- What you have to do -
All lines in the records below with the word "Sched" must be returned.

- Provided data -
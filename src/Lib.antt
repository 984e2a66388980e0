-- ===== src/Lib.antt =====
-- flexplane: the arbiter's timeslot allocator and the control protocol of Fastpass, modelled from
-- the C sources and proved.
--
-- The program. Endpoints ask an arbiter for timeslots, and the arbiter gives each timeslot a
-- matching of sources and destinations. Requests and allocations travel in packets of the
-- Fastpass control protocol, which numbers, acknowledges and resets by itself.
--
-- Protocol (src/protocol):
--   Protocol.Platform, Protocol.BitArray: platform/generic.h, the bit operations and the time
--     comparisons that wrap.
--   Protocol.Checksum: the hash and checksum of platform/generic.h, fastpass_checksum.
--   Protocol.Window: window.h; `FpWindow` is struct fp_window, and functions keep their names.
--   Protocol.Conn: fpproto.h and fpproto.c; `Conn` is struct fpproto_conn with its counters, and
--     the calls of struct fpproto_ops are listed in its field `calls`. Its children are Inwnd
--     (update_inwnd, at_most_once_may_accept), Outwnd (outwnd.h and the packets that wait for an
--     ACK), Reset, Ack (ACKs, timeouts, sending), Payload (parsing), Receive
--     (fpproto_handle_rx_packet) and Encode (fpproto_encode_packet).
--   Protocol.Pacer: pacer.h.
-- Allocator (src/graph-algo):
--   GraphAlgo.Admitted, Bin, Backlog, Batch: admitted.h, bin.h, backlog.h, batch.h.
--   GraphAlgo.Ring: fp_ring.h without DPDK; its laws are for a ring of 2 ^ 16 elements.
--   GraphAlgo.Seq: the allocation of a batch by one core, of admissible_traffic.{c,h} and
--     admissible_structures.h; `Core` is struct seq_admission_core_state.
--   GraphAlgo.Seq.Demand: demand in, flows between cores, spent flows; `Status` is struct
--     seq_admissible_status.
-- Endpoint (src/kernel-mod/sch_fastpass.c):
--   Endpoint.Sched: `FpDst` is struct fp_dst, `FpSchedData` struct fp_sched_data; the queue of
--     flows with demand to request, flow_inc_used and flow_inc_demand.
--   Endpoint.Alloc: handle_reset and handle_alloc. Endpoint.Report: handle_areq (the arbiter's
--     reports), handle_ack and handle_neg_ack. Endpoint.Send: send_request and the tasklets.
--   Endpoint.Queue and Endpoint.Inv: the queue of flows as a list, and the invariant of all flows.
-- Arbiter (src/arbiter/comm_core.c):
--   Arbiter.Node: `EndNode` is struct end_node_state; its queue of reports, handle_areq (which
--     calls the allocator of GraphAlgo.Seq.Demand), handle_reset, handle_ack and handle_neg_ack.
--   Arbiter.Allocs: process_allocated_traffic_one_q, fill_packet_report, fill_packet_alloc and
--     tx_end_node. Arbiter.Reports, Pending, Demands and Packets: their proofs.
--   Arbiter.Exchange: a packet of requests of the endpoint, read by the arbiter.
-- Packet queues of an endpoint (src/kernel-mod/sch_timeslot.c):
--   Tsq.Packet: what is read of a packet, get_dst_mac, get_priority. Tsq.Tree: the search trees of
--     the hash table. Tsq.Sched: `TsqSchedData` is struct tsq_sched_data, `TsqDst` struct tsq_dst
--     and `TimeslotSkbQ` struct timeslot_skb_q; dst_lookup. A flow's fields stand in a table by
--     key, and a tree holds the keys.
--   Tsq.Enqueue: classify_hi_prio, classify_data, tsq_enqueue, enqueue_single_skb and its tasklet.
--     Tsq.Handle: tsq_handle_now, tsq_reset_ids, tsq_dequeue. Tsq.Resize: tsq_tc_resize. Tsq.Inv and
--     Tsq.Sent: their proofs.
-- An endpoint with its queues:
--   Host.Step: the handlers of Endpoint with the calls of Tsq that they make, and an incoming packet
--     with the call back of fpq_add_timeslot. Host.Calls: what both sides agree on. Host.Allocs,
--     Resets, Reports, Packets: the proofs for each handler. Host.Reach: sequences of handlers.
--     Host.Start: fpq_new_qdisc and tsq_tc_init without
--     options. A packet for which an allocation fails is in no sequence, as it leaves the table
--     locked.
-- Base has what they share: words, lists, bits, tables, rings and run-time
-- checks.
--
-- Conventions. A FASTPASS_BUG_ON or assert that fires is `bug` of `Checked`. Words are natural
-- numbers with the modulus written out, `unsigned long` has 64 bits, and memory is little-endian.
-- The allocator's rings are lists, oldest first; a loop that waits for room in a ring or a pool
-- is taken at the round that succeeds. A callback does not change the connection, and time is an
-- argument, read once for a handler. Endpoint and arbiter are built without emulation, and their
-- locks, logs and sockets are left out. The endpoint's `calls` lists its calls of the packet
-- queues. In Tsq, `bug` is also a spin on a lock that is held and the use of a NULL pointer. The
-- functions of the Linux kernel that the queues call are the record `Kernel`, and `IsKernel` has
-- what is relied on.
--
-- Fuel. The loop of free_unacked has 257 rounds: a window has at most 256 marks, and the last
-- round finds none. The loops of fpproto_handle_timeout and of the skipped ACKs have the same,
-- the loop over an ACK mask has its 64 bits, and the loop over payloads the packet's length. The
-- loop of send_request has 257 rounds: each but the last takes one of at most 256 queued flows.
-- The loop over reports has the 10 rounds that fit a packet, and that over allocations the 64.
--
-- Not modelled: wnd_mark_bulk, the emulation-only fields of packets, statistics of the protocol
-- and logs, the clock-driven loop of seq_get_admissible_traffic, the pools and the rings of DPDK,
-- the PIM and the shortest-job-first allocators, path selection, the timers and packet input and
-- output of the arbiter, the options, the reset and the garbage collection of the packet queues,
-- their files of /proc, the registration of the kernel module, the emulator in C++, and the
-- vendored CCAN library.
pub mod Base
pub mod Protocol
pub mod GraphAlgo
pub mod Endpoint
pub mod Arbiter
pub mod Tsq
pub mod Host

- Finished exercise -
--   Endpoint.Sched: `FpDst` is struct fp_dst, `FpSchedData` struct fp_sched_data; the queue of
--     the hash table. Tsq.Sched: `TsqSchedData` is struct tsq_sched_data, `TsqDst` struct tsq_dst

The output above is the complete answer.